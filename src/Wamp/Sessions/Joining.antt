-- ===== src/Wamp/Sessions/Joining.antt =====
-- What `connection` of iotronic/wamp/functions.py does.
use stack4things_openstack_i.Action.{World, ok}
use stack4things_openstack_i.Base.{
  All, Bool, List, [], ap, arith, eq_ℤ, false, filter, filter-append, length, refl, true, ◌∙◌, ◌∷◌,
  ◌≡◌, ◌≤◌,
}
use stack4things_openstack_i.Db.Engine.{Engine, new_row, stored}
use stack4things_openstack_i.Db.Laws.{
  IsNumber, IsNumber-IsScalar, eq_value_refl, filter-rewrite, filter-rewrite_lost, has_self,
  one_found, one_missing,
}
use stack4things_openstack_i.Db.Query.{both, has}
use stack4things_openstack_i.Db.Schema.{
  Column, Model, Row, Tables, Value, Values, assign, assigns, eq_value, keyless, set_column,
}
use stack4things_openstack_i.Action.{Exception, raised}
use stack4things_openstack_i.Objects.{str_or_none}
use stack4things_openstack_i.Objects.{Object, changes_of, from_db_object, obj_get_changes, set_attr}
use stack4things_openstack_i.Objects.Laws.{
  IsUuid, IsUuid-IsScalar, get_board_by_uuid_found, save_board_lem, save_session_lem, updated,
}
use stack4things_openstack_i.Wamp.Sessions.{
  Info, connect_board, connection, invalidate_old, open_session, wamp_success, with_info,
}
use stack4things_openstack_i.Wamp.Sessions.Leaving.{invalid}

-- the valid sessions of a board
abbrev pub valid_of : Value → Row → Bool
valid_of u = both (has Column.board_uuid u) (has Column.valid (Value.bool true))

abbrev pub online : Value
online = Value.str "online"

module _ ⦃E : Engine⦄ where
  abbrev pub session_values : Row → Value → Values
  session_values b s =
      (Column.board_id, b Column.id)
      ∷ (Column.board_uuid, b Column.uuid)
      ∷ (Column.session_id, str_or_none s)
      ∷ []

  -- The types of the board's fields accept the info: `o` is the board that is saved.
  abbrev pub Accepts : Info → Row → Object → Type 0
  Accepts info b o = with_info info (set_attr (from_db_object b) Column.status online) ≡ ok o

  -- Such a board has the status and no changed key, and keeps the uuid.
  accepted_lem :
      (info : Info) (b : Row) (o : Object)
      → Accepts info b o
      → (keyless (obj_get_changes o) ≡ true)
        × (assigns Column.uuid (obj_get_changes o) ≡ false)
        × (o.row Column.uuid ≡ b Column.uuid)
        × (assign (obj_get_changes o) b Column.status ≡ online)
        × ((r : Row) (u : Value)
            → has Column.uuid u (assign (obj_get_changes o) r) ≡ has Column.uuid u r)
  unfolding with_info obj_get_changes changes_of has
  accepted_lem info b o h = (
    ground (arith, h),
    ground (arith, h),
    ground (arith, h),
    ground (arith, h),
    λ r u. ground (arith, h),
  )

  -- the tables after the valid session that was found, if any, is marked
  abbrev pub marked : Tables → List Row → Tables
  marked t [] = t
  marked t (r ∷ rs) = updated t Model.session r invalid

  abbrev pub HasKey : World → Row → Type 0
  HasKey w r =
      IsNumber (r Column.id)
      × (filter (has Column.id (r Column.id)) (w.tables Model.session) ≡ r ∷ [])

  -- A board that is in the tables, with at most one valid session; keys are unique.
  pub record IsKnown (w : World) (u : Value) (b : Row) (olds : List Row) : Type 0 where
    pub uuid : IsUuid u
    pub one_board : filter (has Column.uuid u) (w.tables Model.board) ≡ b ∷ []
    pub same_uuid : b Column.uuid ≡ u
    pub board_key : IsNumber (b Column.id)
    pub valid_sessions : filter (valid_of u) (w.tables Model.session) ≡ olds
    pub at_most_one : length olds ≤ 1
    pub session_keys : All (HasKey w) olds

  module _ (w : World) (b : Row) where
    pub invalidate_old_none :
        filter (valid_of (b Column.uuid)) (w.tables Model.session) ≡ []
        → invalidate_old (from_db_object b) w ≡ (ok tt, w)
    unfolding invalidate_old
    invalidate_old_none h = ground (arith, one_missing w Model.session (valid_of (b Column.uuid)) h)

    pub invalidate_old_one :
        (r : Row)
        → filter (valid_of (b Column.uuid)) (w.tables Model.session) ≡ r ∷ []
        → HasKey w r
        → invalidate_old (from_db_object b) w
          ≡ (ok tt, record w { tables = updated w.tables Model.session r invalid })
    unfolding invalidate_old changes_of
    invalidate_old_one r h k = ground (
      arith,
      one_found w Model.session (valid_of (b Column.uuid)) r h,
      save_session_lem w r (set_column r Column.valid (Value.bool false)) (Column.valid ∷ []) refl
          k.0 k.1,
    )

  module _ (w : World) (u : Value) (b : Row) (olds : List Row) (k : IsKnown w u b olds) where
    pub invalidate_old_lem :
        invalidate_old (from_db_object b) w ≡ (ok tt, record w { tables = marked w.tables olds })
    invalidate_old_lem = go olds k.valid_sessions k.at_most_one k.session_keys
      where
        go :
            (rs : List Row)
            → filter (valid_of u) (w.tables Model.session) ≡ rs
            → length rs ≤ 1
            → All (HasKey w) rs
            → invalidate_old (from_db_object b) w
              ≡ (ok tt, record w { tables = marked w.tables rs })
        go [] h l a = invalidate_old_none w b (rw k.same_uuid h)
        go (r ∷ []) h l a = invalidate_old_one w b r (rw k.same_uuid h) a.0
        go (r ∷ q ∷ rs) h l a = absurd (omega arith)

    -- no valid session of the board is left
    pub marked_valid : filter (valid_of u) (marked w.tables olds Model.session) ≡ []
    unfolding has filter eq_value eq_ℤ
    marked_valid = go olds k.valid_sessions k.at_most_one k.session_keys
      where
        go :
            (rs : List Row)
            → filter (valid_of u) (w.tables Model.session) ≡ rs
            → length rs ≤ 1
            → All (HasKey w) rs
            → filter (valid_of u) (marked w.tables rs Model.session) ≡ []
        go [] h l a = h
        go (r ∷ []) h l a =
            filter-rewrite_lost (valid_of u) (has Column.id (r Column.id)) invalid
              (λ q. ground arith) (w.tables Model.session)
            ∙ rw h (ground (arith, has_self Column.id r (IsNumber-IsScalar (r Column.id) a.0.0)))
        go (r ∷ q ∷ rs) h l a = absurd (omega arith)

    pub marked-board : marked w.tables olds Model.board ≡ w.tables Model.board
    marked-board = go olds
      where
        go : (rs : List Row) → marked w.tables rs Model.board ≡ w.tables Model.board
        go [] = refl
        go (r ∷ rs) = refl

    module _ (s : Value) (info : Info) (row : Row) (t : Tables)
        (created : E.insert (marked w.tables olds) Model.session (session_values b s)
          ≡ stored row t) where
      open_session_lem :
          open_session (from_db_object b) s (record w { tables = marked w.tables olds })
          ≡ (ok (from_db_object row), record w { tables = t })
      unfolding open_session changes_of
      open_session_lem = ground (arith, created)

      board_kept : t Model.board ≡ w.tables Model.board
      board_kept =
          ap (λ (x : Tables). x Model.board)
            (E.insert_stored (marked w.tables olds) t Model.session (session_values b s) row
              created).1
          ∙ marked-board

      pub row_lem : row ≡ new_row E.new_id (marked w.tables olds) Model.session (session_values b s)
      row_lem =
          (E.insert_stored (marked w.tables olds) t Model.session (session_values b s) row
            created).0

      row_valid : valid_of u row ≡ true
      unfolding has eq_value eq_ℤ
      row_valid =
          rw (row_lem, k.same_uuid) (ground (arith, eq_value_refl u (IsUuid-IsScalar u k.uuid)))

      one_valid : filter (valid_of u) (t Model.session) ≡ row ∷ []
      unfolding filter
      one_valid =
          ap (λ (x : Tables). filter (valid_of u) (x Model.session))
            (E.insert_stored (marked w.tables olds) t Model.session (session_values b s) row
              created).1
          ∙ filter-append (valid_of u) (marked w.tables olds Model.session) (row ∷ [])
          ∙ rw (marked_valid, row_valid) refl

      rejected_lem :
          (e : Exception)
          → with_info info (set_attr (from_db_object b) Column.status online) ≡ raised e
          → connection u s info w ≡ (raised e, record w { tables = t })
      unfolding connection connect_board
      rejected_lem e h = ground (
        arith,
        get_board_by_uuid_found w u b k.one_board,
        invalidate_old_lem,
        open_session_lem,
        h,
      )

      -- Where the type of a field of the board does not accept the info, the connection of a known
      -- board raises, after the new session was stored: the session is the only valid one of the
      -- board, whose row is as it was, so the board is not put online.
      pub connection_rejected :
          (e : Exception)
          → with_info info (set_attr (from_db_object b) Column.status online) ≡ raised e
          → ((connection u s info w).0 ≡ raised e)
            × (filter (valid_of u) ((connection u s info w).1.tables Model.session) ≡ row ∷ [])
            × ((connection u s info w).1.tables Model.board ≡ w.tables Model.board)
      connection_rejected e h = rw (rejected_lem e h) (refl, one_valid, board_kept)

      module _ (o : Object) (accepts : Accepts info b o) where
        connect_board_lem : connect_board (from_db_object b) s info w ≡ (
          ok (wamp_success (Value.str "")),
          record w { tables = updated t Model.board b (obj_get_changes o) },
        )
        unfolding connect_board obj_get_changes
        connect_board_lem =
            let facts = accepted_lem info b o accepts in
            let saved =
              save_board_lem (record w { tables = t }) b o.row o.changed facts.0
                (rw facts.2 (rw k.same_uuid k.uuid)) facts.1
                (rw (facts.2, k.same_uuid, board_kept) k.one_board) in
            ground (arith, invalidate_old_lem, open_session_lem, accepts, saved)

        pub connection_lem : connection u s info w ≡ (
          ok (wamp_success (Value.str "")),
          record w { tables = updated t Model.board b (obj_get_changes o) },
        )
        unfolding connection
        connection_lem =
            ground (arith, get_board_by_uuid_found w u b k.one_board, connect_board_lem)

        -- A known board connects: the board's only valid session is the new one, with the number
        -- given as a text, and the board is online. The premise `created` says that the database takes
        -- the new session, and `accepts` that the types of the fields accept the info.
        pub connection_opens :
            ((connection u s info w).0 ≡ ok (wamp_success (Value.str "")))
            × (filter (valid_of u) ((connection u s info w).1.tables Model.session) ≡ row ∷ [])
            × (row Column.session_id ≡ str_or_none s)
            × (row Column.board_id ≡ b Column.id)
            × (filter (has Column.uuid u) ((connection u s info w).1.tables Model.board)
                ≡ assign (obj_get_changes o) b ∷ [])
            × (assign (obj_get_changes o) b Column.status ≡ online)
        unfolding filter
        connection_opens = rw connection_lem (
          refl,
          one_valid,
          rw row_lem refl,
          rw row_lem refl,
          filter-rewrite (has Column.uuid u) (has Column.id (b Column.id)) (obj_get_changes o)
                (λ r. (accepted_lem info b o accepts).4 r u) (t Model.board)
              ∙ rw (board_kept, k.one_board)
                  (ground
                    (arith, has_self Column.id b (IsNumber-IsScalar (b Column.id) k.board_key))),
          (accepted_lem info b o accepts).3,
        )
○ ○ ○ ○ ○ ○ ○
_WHAT IS REQUIRED_. Copy, from the material, each line that holds the string "assigns".

_WORKED SOLUTION_.
  Column, Model, Row, Tables, Value, Values, assign, assigns, eq_value, keyless, set_column,
        × (assigns Column.uuid (obj_get_changes o) ≡ false)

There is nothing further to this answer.